Microsoft Flight in the crosshairs

Microsoft Flight

Is Microsoft Flight even a game? It’s barely even a flight simulator. Whatever it is, it’s dead now. Released to lackluster reception last spring as a free download with day 1 DLC, it was officially killed a couple days ago.
I downloaded it when it went F2P. You don’t get much for nothing; a light sport plane (the Icon A5) and the big island of Hawaii. Microsoft eventually released the rest of the Hawaiian Islands as DLC, and eventually Alaska as well; better performing aircraft cost extra. You supposedly get to fly a Stearman biplane if you join in with Windows Live, but it requires a product code and I don’t have one. For me, Microsoft Flight was just flying from airports to grass strips and back and buzzing landmarks.
Microsoft Flight gamified the whole flight simulator experience.
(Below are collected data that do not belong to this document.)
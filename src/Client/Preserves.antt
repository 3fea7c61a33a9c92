-- ===== src/Client/Preserves.antt =====
-- Each function of c/qorechain_pqc.c, called as its header asks, keeps the process in order.
use mathlib.Core.Path.{subst}
use qorechain_pqc.Base.{
  ℕ, suc, ◌≡◌, sym, ap, ◌∙◌, ◌≢◌, inl, inr, ℤ, false, Option, none, some, List, ◌==◌, ==_iff,
  Bool-cases, arith, replicate,
}
use qorechain_pqc.Machine.{
  Ptr, Cell, Event, Source, system, World, Run, done, fault, deadlock, pure, and_then, update,
}
use qorechain_pqc.Machine.Ends.{Ends, Settled, part, over}
use qorechain_pqc.Oqs.{Sig, Kem}
use qorechain_pqc.SignBytes.{Out}
use qorechain_pqc.Dsa.{KeyOut}
use qorechain_pqc.Dsa.Signing.{SignPost}
use qorechain_pqc.Dsa.Keygen.{NoBuffers, KeygenPost, pk_address, sk_address}
use qorechain_pqc.Kem.{EncapsOut}
use qorechain_pqc.Kem.Encaps.{EncapsPost, ct_address}
use qorechain_pqc.Client.Typed.{
  IsBlock, AllCells, Typed, SigBytes, KemBytes, update-Typed, blanks-AllCells, part-AllCells,
  over-AllCells,
}

-- The lock is free, the system's generator is in place, and memory holds bytes.
pub record Sane (w : World) : Type 0 where
  pub held : w.held ≡ false
  pub rng : w.rng ≡ system
  pub typed : Typed w.block

-- A call that keeps that, and the number of live objects.
abbrev pub Kept : World → World → Type 0
Kept w v = Sane v × (v.handles ≡ w.handles)

pub finished-Ends :
    {A : Type 0} {P : A → World → Type 0} {Q : World → Type 0} (r : Run A)
    → Ends P r
    → ((a : A) (v : World) → P a v → Q v)
    → Ends (λ _ v. Q v) (and_then r (λ _. pure tt))
finished-Ends (done a v) p weaken = weaken a v p
finished-Ends fault p weaken = p
finished-Ends deadlock p weaken = p

module _ (w : World) (sane : Sane w) where
  -- What a call did to memory is the rest of what is to show.
  pub Settled-Kept : (v : World) → Settled w v → Typed v.block → Kept w v
  Settled-Kept v settled typed = (
    record { held = settled.held ∙ sane.held; rng = settled.rng ∙ sane.rng; typed = typed },
    settled.handles,
  )

  pub same-Typed : (f : Ptr → Option (List Cell)) → f ≡ w.block → Typed f
  same-Typed f same = subst Typed (sym same) sane.typed

  pub updated-Typed :
      (p : Ptr) (cells : List Cell) (f : Ptr → Option (List Cell))
      → AllCells cells
      → f ≡ update w.block p (some cells)
      → Typed f
  updated-Typed p cells f bytes same =
      subst Typed (sym same) (update-Typed p (some cells) w.block sane.typed bytes)

  -- Two blocks are new, and the others as they were.
  two-Typed :
      (p q : Ptr) (f : Ptr → Option (List Cell)) (xs ys : List Cell)
      → f p ≡ some xs
      → AllCells xs
      → f q ≡ some ys
      → AllCells ys
      → ((r : Ptr) → r ≢ p → r ≢ q → f r ≡ w.block r)
      → Typed f
  two-Typed p q f xs ys at_p hx at_q hy others r = elim (Bool-cases (r == p)) [
    | inl same ↦ subst IsBlock (sym (ap f ((==_iff r p).0 same) ∙ at_p)) hx
    | inr not_p ↦ elim (Bool-cases (r == q)) [
      | inl same ↦ subst IsBlock (sym (ap f ((==_iff r q).0 same) ∙ at_q)) hy
      | inr not_q ↦
          subst IsBlock (sym (others r (λ e. ground arith) (λ e. ground arith))) (sane.typed r)
    ]
  ]

  pub signed-Kept :
      (found : Option Sig) (bytes : (s : Sig) → found ≡ some s → SigBytes s) (sk_len : ℕ)
      (source : Source) (events : List Event) (k m : List ℕ) (out : Out) (r : ℤ × Out) (v : World)
      → SignPost found sk_len source events k m w out r v
      → Kept w v
  signed-Kept found bytes sk_len source events k m out r v (settled, inl (code, block, rest, why)) =
      Settled-Kept v settled (same-Typed v.block block)
  signed-Kept found bytes sk_len source events k m out r v
        (settled, inr (s, known, fits, code, len, buf, block, log)) =
      Settled-Kept v settled (
        updated-Typed (suc (suc w.calls)) (part s.length_signature (s.sign source m k).bytes)
          v.block
          (part-AllCells s.length_signature (s.sign source m k).bytes
            ((bytes s known).signature_bytes source m k))
          block)

  NoBuffers-Typed :
      (s : Sig) (out : KeyOut) (r : ℤ × KeyOut) (v : World) → NoBuffers s w out r v → Typed v.block
  NoBuffers-Typed s out r v (inl (no_pk, no_sk, block, e)) = same-Typed v.block block
  NoBuffers-Typed s out r v (inr (inl (no_pk, got_sk, block, e))) =
      updated-Typed (sk_address w) (replicate s.length_secret_key none) v.block
        (blanks-AllCells s.length_secret_key) block
  NoBuffers-Typed s out r v (inr (inr (got_pk, no_sk, block, e))) =
      updated-Typed (pk_address w) (replicate s.length_public_key none) v.block
        (blanks-AllCells s.length_public_key) block

  pub KeygenPost-Kept :
      (found : Option Sig) (bytes : (s : Sig) → found ≡ some s → SigBytes s) (out : KeyOut)
      (r : ℤ × KeyOut) (v : World)
      → KeygenPost found w out r v
      → Kept w v
  KeygenPost-Kept found bytes out r v (settled, inl (why, code, same, block, log)) =
      Settled-Kept v settled (same-Typed v.block block)
  KeygenPost-Kept found bytes out r v (settled, inr (inl (s, known, code, missing, log))) =
      Settled-Kept v settled (NoBuffers-Typed s out r v missing)
  KeygenPost-Kept found bytes out r v (settled, inr (inr (s, known, pair))) =
      let source : Source = w.entropy w.draws in
      let (pk, sk) = (bytes s known).keypair_bytes source in
      Settled-Kept v settled (
        two-Typed (pk_address w) (sk_address w) v.block
          (part s.length_public_key (s.keypair source).1)
          (part s.length_secret_key (s.keypair source).2) pair.pk_block
          (part-AllCells s.length_public_key (s.keypair source).1 pk) pair.sk_block
          (part-AllCells s.length_secret_key (s.keypair source).2 sk) pair.others)

  pub EncapsPost-Kept :
      (found : Option Kem) (bytes : (m : Kem) → found ≡ some m → KemBytes m) (pk_len : ℕ)
      (k : List ℕ) (ss_out : Ptr) (cells : List Cell) (place : w.block ss_out ≡ some cells)
      (out : EncapsOut) (r : ℤ × EncapsOut) (v : World)
      → EncapsPost found pk_len k ss_out cells w out r v
      → Kept w v
  EncapsPost-Kept found bytes pk_len k ss_out cells place out r v
        (settled, inl (code, block, log, why)) =
      Settled-Kept v settled (same-Typed v.block block)
  EncapsPost-Kept found bytes pk_len k ss_out cells place out r v
        (settled, inr (m, known, fits, made)) =
      let source : Source = w.entropy w.draws in
      let (ct, ss) = (bytes m known).encaps_bytes source k in
      Settled-Kept v settled (
        two-Typed (ct_address w) ss_out v.block (part m.length_ciphertext (m.encaps source k).1)
          (over (m.encaps source k).2 cells) made.ct_block
          (part-AllCells m.length_ciphertext (m.encaps source k).1 ct) made.ss_block
          (over-AllCells (m.encaps source k).2 cells ss (subst IsBlock place (sane.typed ss_out)))
          made.others)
You could take on odd jobs at various landing strips, like ferrying a chatty passenger to another airport for a “$100 hamburger” — $5 for the hamburger, $95 for the fuel to get there and back.
Completing jobs and tutorial missions, finding hidden “aerocaches” and completing challenges all earned you experience, which opened up more jobs and challenges with which you could… well, it all was pretty much just giving you a reason to fly from A to B.
Who needs a reason? I just needed a game that I could play while watching Hulu. Flight simulators have always been the go-to game for that. Take off, point in the direction of the destination, climb to cruise altitude, then wait, wait, wait, wait and eventually throttle back, lower the gear, make your approach, land, repeat….
Microsoft Flight was outclassed in every way by X-Plane, which gives the entire world, a bunch of planes, and a free editing system for making new planes and adding detail to the world. Granted, it isn’t _free_, especially if you want to get a flight stick, but if you want to fly a gyrocopter around your home town, it’s really the only choice.
So. Microsoft Flight. Brainless. Small. Perfect for wasting time while you do something else. And unsupported — Microsoft laid off everyone in the Vancouver studio that developed it.